(Supplied material)

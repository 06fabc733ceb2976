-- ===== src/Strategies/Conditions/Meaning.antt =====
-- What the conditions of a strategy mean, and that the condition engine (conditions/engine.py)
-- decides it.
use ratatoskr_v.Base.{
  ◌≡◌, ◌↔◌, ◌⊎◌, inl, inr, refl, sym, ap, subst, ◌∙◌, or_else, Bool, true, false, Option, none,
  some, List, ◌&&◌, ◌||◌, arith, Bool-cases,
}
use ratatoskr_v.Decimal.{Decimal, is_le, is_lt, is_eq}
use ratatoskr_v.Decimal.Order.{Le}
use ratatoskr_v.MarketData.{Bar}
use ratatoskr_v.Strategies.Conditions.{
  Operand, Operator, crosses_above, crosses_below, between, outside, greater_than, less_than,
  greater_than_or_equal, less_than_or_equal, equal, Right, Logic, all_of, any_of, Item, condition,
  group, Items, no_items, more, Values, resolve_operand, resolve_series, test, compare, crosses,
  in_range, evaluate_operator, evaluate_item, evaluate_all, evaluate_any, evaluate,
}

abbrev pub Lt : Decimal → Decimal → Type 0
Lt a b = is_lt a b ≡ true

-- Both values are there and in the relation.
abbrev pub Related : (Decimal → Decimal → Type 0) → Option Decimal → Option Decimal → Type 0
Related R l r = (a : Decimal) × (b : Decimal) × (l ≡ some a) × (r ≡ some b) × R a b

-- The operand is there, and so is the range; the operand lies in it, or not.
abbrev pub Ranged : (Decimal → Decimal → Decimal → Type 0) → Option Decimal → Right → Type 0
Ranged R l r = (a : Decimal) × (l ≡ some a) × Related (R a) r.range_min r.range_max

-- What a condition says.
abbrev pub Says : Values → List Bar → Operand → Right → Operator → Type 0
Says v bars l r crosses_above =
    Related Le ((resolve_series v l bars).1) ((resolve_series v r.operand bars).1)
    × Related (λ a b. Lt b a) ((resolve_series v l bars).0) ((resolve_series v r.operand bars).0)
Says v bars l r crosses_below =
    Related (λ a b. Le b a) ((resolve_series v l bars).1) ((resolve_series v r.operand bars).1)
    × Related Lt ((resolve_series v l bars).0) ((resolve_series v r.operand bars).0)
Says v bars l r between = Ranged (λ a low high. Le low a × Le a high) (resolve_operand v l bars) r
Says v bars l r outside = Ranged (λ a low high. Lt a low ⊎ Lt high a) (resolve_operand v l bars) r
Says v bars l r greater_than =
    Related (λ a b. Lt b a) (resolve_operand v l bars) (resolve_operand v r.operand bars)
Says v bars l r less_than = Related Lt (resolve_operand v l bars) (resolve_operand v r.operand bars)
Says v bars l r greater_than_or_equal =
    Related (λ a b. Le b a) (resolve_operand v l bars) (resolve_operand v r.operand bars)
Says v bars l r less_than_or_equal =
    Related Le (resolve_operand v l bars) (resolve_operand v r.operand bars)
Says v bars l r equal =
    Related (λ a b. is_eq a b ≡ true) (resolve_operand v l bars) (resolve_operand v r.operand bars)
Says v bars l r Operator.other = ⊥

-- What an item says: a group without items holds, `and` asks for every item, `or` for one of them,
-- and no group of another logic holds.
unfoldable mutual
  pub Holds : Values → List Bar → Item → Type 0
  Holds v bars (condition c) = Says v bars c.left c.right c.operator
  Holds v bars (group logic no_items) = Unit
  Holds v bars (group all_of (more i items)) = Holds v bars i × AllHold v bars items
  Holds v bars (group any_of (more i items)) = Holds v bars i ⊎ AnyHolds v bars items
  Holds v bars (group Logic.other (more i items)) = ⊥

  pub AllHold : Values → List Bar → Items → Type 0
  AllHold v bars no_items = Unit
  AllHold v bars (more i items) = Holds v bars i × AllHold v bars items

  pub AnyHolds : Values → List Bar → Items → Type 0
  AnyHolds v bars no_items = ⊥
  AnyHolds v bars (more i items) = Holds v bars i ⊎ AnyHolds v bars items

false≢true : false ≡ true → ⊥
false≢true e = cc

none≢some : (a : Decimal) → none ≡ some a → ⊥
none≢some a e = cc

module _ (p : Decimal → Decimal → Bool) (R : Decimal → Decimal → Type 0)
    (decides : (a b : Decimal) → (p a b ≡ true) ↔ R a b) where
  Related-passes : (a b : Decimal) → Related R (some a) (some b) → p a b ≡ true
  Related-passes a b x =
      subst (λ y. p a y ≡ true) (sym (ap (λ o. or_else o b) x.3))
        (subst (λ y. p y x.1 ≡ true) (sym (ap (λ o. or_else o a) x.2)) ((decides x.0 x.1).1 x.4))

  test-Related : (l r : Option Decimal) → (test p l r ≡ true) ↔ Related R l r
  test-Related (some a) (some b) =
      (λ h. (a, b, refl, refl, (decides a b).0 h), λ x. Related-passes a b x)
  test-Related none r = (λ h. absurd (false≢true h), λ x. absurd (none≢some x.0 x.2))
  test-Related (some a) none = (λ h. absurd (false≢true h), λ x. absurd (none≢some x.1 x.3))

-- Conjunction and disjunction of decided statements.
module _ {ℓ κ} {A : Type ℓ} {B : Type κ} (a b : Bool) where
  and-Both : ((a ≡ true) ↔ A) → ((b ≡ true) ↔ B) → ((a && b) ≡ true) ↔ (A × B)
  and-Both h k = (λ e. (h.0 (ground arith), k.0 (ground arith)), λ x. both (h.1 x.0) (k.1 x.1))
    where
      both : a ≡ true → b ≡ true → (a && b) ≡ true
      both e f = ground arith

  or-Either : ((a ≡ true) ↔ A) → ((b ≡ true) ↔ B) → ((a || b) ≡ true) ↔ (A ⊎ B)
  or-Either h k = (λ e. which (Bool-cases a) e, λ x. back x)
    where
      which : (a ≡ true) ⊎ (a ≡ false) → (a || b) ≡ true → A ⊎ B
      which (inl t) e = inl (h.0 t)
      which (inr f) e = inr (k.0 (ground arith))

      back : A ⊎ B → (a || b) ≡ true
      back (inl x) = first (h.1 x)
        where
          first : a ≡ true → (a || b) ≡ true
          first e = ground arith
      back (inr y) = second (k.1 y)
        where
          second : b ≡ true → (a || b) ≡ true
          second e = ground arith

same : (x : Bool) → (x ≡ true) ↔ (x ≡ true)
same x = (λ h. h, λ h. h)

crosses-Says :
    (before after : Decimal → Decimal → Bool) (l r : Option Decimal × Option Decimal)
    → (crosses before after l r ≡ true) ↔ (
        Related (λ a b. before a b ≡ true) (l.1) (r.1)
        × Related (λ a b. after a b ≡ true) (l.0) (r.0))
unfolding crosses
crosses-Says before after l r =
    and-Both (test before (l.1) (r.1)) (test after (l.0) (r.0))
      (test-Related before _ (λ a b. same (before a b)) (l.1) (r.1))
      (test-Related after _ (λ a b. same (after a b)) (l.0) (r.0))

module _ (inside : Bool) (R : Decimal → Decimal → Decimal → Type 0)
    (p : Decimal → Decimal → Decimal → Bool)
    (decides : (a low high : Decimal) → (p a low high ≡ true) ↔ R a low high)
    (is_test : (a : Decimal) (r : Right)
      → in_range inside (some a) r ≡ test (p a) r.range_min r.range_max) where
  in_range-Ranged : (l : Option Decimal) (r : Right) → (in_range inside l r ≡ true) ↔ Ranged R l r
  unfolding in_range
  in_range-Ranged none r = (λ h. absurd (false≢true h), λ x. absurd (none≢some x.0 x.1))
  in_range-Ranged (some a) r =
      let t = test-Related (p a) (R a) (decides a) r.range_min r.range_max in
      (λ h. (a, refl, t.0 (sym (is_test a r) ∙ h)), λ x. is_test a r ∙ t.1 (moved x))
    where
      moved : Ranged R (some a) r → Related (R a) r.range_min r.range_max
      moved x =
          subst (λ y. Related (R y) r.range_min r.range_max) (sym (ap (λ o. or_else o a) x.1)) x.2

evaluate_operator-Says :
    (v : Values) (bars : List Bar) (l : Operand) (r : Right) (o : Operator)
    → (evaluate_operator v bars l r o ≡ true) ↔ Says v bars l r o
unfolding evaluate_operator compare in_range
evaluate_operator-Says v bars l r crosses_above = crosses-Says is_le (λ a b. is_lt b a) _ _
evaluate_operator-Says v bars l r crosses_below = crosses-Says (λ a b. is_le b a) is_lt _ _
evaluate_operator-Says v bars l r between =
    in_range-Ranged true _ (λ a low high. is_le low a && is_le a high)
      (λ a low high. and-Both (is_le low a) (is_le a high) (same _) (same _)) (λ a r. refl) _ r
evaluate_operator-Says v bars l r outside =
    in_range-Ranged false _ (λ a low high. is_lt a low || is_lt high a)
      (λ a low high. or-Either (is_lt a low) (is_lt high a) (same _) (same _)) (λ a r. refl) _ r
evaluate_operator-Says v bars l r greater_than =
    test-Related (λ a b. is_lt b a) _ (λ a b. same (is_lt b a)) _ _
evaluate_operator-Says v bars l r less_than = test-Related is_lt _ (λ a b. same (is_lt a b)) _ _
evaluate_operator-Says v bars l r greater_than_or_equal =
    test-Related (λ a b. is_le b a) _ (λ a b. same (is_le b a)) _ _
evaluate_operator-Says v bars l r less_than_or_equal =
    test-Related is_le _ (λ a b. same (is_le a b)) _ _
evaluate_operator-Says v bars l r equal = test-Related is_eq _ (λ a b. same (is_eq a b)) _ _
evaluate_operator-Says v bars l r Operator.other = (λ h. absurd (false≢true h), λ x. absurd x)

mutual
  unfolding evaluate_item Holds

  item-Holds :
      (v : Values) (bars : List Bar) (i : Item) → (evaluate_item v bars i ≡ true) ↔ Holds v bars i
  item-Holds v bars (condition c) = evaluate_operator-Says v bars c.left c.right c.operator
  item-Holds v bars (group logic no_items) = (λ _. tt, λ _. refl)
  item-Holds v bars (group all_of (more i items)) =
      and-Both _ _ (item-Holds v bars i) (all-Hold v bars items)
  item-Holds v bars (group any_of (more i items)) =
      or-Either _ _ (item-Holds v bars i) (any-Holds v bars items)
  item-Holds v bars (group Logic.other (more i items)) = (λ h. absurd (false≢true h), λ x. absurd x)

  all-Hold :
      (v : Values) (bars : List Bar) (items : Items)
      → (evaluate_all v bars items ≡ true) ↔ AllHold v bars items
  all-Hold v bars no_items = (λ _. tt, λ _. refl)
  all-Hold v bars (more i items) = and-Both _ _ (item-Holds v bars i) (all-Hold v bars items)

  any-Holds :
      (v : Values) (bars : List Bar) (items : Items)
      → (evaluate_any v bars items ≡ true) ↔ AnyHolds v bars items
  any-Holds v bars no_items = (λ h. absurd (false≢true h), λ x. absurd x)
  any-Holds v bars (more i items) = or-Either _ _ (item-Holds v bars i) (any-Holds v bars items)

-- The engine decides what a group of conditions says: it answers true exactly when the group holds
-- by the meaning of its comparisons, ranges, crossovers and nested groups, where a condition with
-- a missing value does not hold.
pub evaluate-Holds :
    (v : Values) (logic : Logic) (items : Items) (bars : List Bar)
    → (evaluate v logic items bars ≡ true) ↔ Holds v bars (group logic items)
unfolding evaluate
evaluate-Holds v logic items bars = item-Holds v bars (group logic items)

(End Supplied material)

Problem:
Would you output, from the records above, exactly the run of lines that starts at the line containing "(before after : Decimal" and ends at the line containing "(test-Related before _", and only that run?

Expected answer:
    (before after : Decimal → Decimal → Bool) (l r : Option Decimal × Option Decimal)
    → (crosses before after l r ≡ true) ↔ (
        Related (λ a b. before a b ≡ true) (l.1) (r.1)
        × Related (λ a b. after a b ≡ true) (l.0) (r.0))
unfolding crosses
crosses-Says before after l r =
    and-Both (test before (l.1) (r.1)) (test after (l.0) (r.0))
      (test-Related before _ (λ a b. same (before a b)) (l.1) (r.1))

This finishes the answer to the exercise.